What you are asked to do ->
How many of the lines below include the word "true"? Only the number should be given.

Dataset entries
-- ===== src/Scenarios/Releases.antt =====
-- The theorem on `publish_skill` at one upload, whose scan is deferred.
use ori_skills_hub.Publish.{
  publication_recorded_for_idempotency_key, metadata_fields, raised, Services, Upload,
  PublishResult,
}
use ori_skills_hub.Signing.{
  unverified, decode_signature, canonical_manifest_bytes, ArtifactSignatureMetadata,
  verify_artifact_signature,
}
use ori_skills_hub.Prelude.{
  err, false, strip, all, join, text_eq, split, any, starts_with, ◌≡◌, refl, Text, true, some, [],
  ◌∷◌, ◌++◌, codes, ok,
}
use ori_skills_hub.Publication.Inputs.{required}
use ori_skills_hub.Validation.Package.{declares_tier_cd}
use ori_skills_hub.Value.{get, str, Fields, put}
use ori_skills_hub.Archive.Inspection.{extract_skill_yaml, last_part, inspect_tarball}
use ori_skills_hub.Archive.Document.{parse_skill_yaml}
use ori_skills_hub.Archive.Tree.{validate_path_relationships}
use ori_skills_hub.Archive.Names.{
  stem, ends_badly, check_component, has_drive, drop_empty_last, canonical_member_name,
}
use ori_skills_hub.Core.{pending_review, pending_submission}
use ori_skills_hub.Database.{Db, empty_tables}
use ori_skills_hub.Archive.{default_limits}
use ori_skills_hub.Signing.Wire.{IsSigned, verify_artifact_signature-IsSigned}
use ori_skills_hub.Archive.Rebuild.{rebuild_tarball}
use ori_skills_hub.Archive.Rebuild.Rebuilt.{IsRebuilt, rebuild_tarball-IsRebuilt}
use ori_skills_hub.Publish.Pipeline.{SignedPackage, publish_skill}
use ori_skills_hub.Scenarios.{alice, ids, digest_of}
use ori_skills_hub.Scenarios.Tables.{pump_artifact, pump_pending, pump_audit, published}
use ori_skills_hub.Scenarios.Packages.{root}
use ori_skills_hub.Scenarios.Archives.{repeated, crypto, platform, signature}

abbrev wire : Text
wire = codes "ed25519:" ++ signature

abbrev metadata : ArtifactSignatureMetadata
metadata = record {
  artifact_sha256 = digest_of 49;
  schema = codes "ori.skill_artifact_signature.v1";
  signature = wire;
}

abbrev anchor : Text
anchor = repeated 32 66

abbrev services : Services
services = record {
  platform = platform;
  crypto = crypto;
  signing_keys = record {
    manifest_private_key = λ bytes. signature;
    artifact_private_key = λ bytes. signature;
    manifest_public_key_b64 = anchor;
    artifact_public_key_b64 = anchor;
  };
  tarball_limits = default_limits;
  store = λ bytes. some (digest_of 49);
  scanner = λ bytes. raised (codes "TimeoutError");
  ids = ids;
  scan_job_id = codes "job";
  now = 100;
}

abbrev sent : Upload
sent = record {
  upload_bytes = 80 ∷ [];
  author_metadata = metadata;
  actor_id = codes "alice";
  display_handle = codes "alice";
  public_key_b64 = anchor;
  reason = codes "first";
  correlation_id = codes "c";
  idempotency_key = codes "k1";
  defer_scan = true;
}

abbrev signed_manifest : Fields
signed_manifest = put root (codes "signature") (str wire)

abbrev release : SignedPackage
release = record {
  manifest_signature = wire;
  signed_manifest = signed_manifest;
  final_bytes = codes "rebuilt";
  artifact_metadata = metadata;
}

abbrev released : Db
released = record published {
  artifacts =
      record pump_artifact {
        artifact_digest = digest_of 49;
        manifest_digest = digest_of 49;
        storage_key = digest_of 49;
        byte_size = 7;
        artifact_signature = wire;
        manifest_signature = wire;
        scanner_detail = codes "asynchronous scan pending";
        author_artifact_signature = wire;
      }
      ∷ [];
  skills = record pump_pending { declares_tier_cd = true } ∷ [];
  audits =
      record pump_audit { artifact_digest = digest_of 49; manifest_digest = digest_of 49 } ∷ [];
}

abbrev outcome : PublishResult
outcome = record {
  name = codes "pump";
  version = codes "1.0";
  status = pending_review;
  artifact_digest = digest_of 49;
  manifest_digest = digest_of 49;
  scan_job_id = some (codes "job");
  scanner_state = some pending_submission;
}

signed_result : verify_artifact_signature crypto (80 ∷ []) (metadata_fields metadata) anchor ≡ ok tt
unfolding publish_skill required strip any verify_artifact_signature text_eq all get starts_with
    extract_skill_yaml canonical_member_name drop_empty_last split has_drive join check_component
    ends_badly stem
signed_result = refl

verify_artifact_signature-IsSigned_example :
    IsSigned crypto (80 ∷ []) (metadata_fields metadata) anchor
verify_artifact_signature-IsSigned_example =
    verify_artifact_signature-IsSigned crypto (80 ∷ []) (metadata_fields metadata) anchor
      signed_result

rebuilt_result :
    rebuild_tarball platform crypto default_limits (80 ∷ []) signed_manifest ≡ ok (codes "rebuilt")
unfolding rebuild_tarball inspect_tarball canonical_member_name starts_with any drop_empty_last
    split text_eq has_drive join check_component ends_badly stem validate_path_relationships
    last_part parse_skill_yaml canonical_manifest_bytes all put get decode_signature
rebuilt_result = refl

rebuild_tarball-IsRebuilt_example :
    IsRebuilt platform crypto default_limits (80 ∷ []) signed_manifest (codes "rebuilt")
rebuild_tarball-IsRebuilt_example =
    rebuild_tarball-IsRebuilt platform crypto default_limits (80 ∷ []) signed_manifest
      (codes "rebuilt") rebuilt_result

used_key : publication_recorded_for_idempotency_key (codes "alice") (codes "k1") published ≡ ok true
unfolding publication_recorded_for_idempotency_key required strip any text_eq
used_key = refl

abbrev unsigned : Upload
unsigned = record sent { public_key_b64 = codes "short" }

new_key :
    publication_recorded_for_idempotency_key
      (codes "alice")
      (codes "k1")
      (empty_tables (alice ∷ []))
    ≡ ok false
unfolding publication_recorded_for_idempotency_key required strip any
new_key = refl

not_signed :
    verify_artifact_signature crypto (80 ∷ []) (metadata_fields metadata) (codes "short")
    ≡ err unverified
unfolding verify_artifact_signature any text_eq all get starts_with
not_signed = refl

Solution to this problem ->
4